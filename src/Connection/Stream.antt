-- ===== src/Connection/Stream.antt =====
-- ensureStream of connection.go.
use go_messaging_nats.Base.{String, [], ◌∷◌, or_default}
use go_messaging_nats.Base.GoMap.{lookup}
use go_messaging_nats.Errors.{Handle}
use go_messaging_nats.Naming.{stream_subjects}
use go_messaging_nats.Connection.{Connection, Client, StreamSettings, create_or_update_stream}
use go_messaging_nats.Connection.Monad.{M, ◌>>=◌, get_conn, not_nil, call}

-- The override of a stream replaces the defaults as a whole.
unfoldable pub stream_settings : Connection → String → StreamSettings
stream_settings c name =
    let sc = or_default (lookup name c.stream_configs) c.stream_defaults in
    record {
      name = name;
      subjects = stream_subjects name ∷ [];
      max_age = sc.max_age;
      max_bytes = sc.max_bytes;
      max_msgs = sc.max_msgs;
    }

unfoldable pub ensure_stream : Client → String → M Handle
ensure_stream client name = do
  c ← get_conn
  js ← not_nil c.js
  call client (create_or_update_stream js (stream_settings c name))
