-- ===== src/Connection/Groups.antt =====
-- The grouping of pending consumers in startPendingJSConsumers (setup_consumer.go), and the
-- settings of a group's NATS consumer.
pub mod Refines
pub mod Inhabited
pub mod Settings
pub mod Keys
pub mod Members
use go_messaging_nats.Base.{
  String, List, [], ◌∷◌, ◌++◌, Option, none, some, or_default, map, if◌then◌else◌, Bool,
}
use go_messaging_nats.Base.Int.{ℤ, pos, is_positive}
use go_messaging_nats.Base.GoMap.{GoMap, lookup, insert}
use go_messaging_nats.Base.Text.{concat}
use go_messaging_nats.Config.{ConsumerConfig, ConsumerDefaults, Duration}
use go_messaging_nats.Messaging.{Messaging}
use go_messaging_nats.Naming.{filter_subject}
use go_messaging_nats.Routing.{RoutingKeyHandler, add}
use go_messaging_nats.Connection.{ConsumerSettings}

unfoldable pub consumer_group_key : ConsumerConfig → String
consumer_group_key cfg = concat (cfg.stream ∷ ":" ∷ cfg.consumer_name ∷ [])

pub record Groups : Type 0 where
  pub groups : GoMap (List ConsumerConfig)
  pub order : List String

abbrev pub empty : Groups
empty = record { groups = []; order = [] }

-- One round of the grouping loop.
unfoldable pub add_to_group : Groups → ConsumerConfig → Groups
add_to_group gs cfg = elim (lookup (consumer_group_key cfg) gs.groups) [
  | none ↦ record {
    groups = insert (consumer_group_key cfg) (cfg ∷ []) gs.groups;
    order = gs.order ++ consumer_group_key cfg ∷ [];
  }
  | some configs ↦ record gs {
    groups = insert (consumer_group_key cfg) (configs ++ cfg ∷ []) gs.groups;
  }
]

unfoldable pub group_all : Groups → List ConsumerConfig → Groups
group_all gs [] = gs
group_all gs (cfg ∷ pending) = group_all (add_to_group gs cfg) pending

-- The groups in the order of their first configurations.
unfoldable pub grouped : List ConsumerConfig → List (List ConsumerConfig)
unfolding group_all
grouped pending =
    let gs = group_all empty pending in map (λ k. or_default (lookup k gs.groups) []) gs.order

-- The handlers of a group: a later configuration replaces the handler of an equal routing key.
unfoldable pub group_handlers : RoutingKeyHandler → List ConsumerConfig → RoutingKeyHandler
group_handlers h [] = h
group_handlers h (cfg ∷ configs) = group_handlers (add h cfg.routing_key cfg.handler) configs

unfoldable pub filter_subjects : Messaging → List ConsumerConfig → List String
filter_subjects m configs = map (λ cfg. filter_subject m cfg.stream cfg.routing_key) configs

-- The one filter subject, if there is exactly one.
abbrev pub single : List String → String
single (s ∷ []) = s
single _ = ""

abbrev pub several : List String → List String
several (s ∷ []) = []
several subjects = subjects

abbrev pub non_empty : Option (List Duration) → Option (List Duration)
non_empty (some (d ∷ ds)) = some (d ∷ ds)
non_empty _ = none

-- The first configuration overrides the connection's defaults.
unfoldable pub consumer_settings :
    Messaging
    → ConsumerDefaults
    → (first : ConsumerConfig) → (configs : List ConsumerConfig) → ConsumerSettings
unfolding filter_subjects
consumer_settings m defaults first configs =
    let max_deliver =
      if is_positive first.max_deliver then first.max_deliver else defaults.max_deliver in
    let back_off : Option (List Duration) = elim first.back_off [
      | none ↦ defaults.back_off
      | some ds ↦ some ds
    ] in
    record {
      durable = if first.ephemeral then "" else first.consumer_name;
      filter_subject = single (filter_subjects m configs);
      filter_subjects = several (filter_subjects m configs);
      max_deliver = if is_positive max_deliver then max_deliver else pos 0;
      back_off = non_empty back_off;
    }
• • •
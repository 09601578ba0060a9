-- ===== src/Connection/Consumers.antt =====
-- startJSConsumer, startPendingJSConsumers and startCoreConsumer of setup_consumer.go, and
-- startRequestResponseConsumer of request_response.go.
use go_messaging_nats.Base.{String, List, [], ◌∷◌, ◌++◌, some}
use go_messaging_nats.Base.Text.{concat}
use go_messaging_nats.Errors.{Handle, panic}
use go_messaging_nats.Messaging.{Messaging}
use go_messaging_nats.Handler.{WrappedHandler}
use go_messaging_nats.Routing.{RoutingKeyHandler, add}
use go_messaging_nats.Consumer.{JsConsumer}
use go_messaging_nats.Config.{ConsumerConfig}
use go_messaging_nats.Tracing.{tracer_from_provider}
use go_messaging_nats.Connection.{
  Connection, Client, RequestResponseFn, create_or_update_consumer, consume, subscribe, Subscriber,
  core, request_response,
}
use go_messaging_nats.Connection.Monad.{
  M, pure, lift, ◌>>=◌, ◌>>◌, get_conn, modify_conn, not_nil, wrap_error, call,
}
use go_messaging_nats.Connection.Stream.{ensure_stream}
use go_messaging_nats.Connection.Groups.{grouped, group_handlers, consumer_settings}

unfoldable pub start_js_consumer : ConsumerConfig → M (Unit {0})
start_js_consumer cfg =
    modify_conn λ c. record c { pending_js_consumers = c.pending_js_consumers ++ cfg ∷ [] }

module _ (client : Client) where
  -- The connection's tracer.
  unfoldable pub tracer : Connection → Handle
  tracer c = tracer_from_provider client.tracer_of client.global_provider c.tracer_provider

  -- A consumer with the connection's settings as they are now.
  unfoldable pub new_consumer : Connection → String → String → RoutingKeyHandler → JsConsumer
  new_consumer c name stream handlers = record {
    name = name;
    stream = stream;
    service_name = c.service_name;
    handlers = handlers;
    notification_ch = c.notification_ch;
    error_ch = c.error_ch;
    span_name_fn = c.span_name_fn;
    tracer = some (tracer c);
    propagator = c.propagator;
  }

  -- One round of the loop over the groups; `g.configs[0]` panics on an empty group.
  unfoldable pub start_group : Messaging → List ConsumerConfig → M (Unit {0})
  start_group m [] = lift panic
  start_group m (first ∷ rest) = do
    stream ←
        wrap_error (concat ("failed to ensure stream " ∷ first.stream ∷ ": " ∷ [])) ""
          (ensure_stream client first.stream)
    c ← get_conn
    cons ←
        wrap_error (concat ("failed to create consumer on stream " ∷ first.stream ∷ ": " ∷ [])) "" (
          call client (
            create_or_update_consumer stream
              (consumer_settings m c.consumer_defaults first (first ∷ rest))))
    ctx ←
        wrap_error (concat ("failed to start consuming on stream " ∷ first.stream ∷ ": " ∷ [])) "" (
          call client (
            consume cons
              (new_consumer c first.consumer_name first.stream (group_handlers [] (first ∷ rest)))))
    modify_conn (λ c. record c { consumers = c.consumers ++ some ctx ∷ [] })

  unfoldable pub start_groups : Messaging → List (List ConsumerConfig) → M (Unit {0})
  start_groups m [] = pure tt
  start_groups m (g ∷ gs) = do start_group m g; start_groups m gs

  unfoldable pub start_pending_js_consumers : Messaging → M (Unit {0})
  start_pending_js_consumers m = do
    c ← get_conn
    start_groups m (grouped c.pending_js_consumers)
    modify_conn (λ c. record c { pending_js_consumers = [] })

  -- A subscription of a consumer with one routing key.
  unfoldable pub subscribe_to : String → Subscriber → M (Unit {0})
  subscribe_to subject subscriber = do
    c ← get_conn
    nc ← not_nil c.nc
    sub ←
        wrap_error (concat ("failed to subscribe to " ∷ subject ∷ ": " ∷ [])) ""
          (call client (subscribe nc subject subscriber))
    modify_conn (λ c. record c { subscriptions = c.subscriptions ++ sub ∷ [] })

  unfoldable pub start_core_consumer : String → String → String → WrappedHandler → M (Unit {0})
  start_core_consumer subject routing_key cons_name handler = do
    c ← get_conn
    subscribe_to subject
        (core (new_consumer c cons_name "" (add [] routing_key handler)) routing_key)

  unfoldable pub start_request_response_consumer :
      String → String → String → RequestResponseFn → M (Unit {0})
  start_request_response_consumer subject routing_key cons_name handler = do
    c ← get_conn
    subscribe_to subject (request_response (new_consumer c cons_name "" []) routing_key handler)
• • •
▸ What is needed: Among the records above, extract exactly the lines from the line with "call client (create_or_update_stream" to the line with "group_handlers h [] = h", both lines included, and leave out the rest.

▸ Solution to the problem:
  call client (create_or_update_stream js (stream_settings c name))
-- ===== src/Connection/Groups.antt =====
-- The grouping of pending consumers in startPendingJSConsumers (setup_consumer.go), and the
-- settings of a group's NATS consumer.
pub mod Refines
pub mod Inhabited
pub mod Settings
pub mod Keys
pub mod Members
use go_messaging_nats.Base.{
  String, List, [], ◌∷◌, ◌++◌, Option, none, some, or_default, map, if◌then◌else◌, Bool,
}
use go_messaging_nats.Base.Int.{ℤ, pos, is_positive}
use go_messaging_nats.Base.GoMap.{GoMap, lookup, insert}
use go_messaging_nats.Base.Text.{concat}
use go_messaging_nats.Config.{ConsumerConfig, ConsumerDefaults, Duration}
use go_messaging_nats.Messaging.{Messaging}
use go_messaging_nats.Naming.{filter_subject}
use go_messaging_nats.Routing.{RoutingKeyHandler, add}
use go_messaging_nats.Connection.{ConsumerSettings}

unfoldable pub consumer_group_key : ConsumerConfig → String
consumer_group_key cfg = concat (cfg.stream ∷ ":" ∷ cfg.consumer_name ∷ [])

pub record Groups : Type 0 where
  pub groups : GoMap (List ConsumerConfig)
  pub order : List String

abbrev pub empty : Groups
empty = record { groups = []; order = [] }

-- One round of the grouping loop.
unfoldable pub add_to_group : Groups → ConsumerConfig → Groups
add_to_group gs cfg = elim (lookup (consumer_group_key cfg) gs.groups) [
  | none ↦ record {
    groups = insert (consumer_group_key cfg) (cfg ∷ []) gs.groups;
    order = gs.order ++ consumer_group_key cfg ∷ [];
  }
  | some configs ↦ record gs {
    groups = insert (consumer_group_key cfg) (configs ++ cfg ∷ []) gs.groups;
  }
]

unfoldable pub group_all : Groups → List ConsumerConfig → Groups
group_all gs [] = gs
group_all gs (cfg ∷ pending) = group_all (add_to_group gs cfg) pending

-- The groups in the order of their first configurations.
unfoldable pub grouped : List ConsumerConfig → List (List ConsumerConfig)
unfolding group_all
grouped pending =
    let gs = group_all empty pending in map (λ k. or_default (lookup k gs.groups) []) gs.order

-- The handlers of a group: a later configuration replaces the handler of an equal routing key.
unfoldable pub group_handlers : RoutingKeyHandler → List ConsumerConfig → RoutingKeyHandler
group_handlers h [] = h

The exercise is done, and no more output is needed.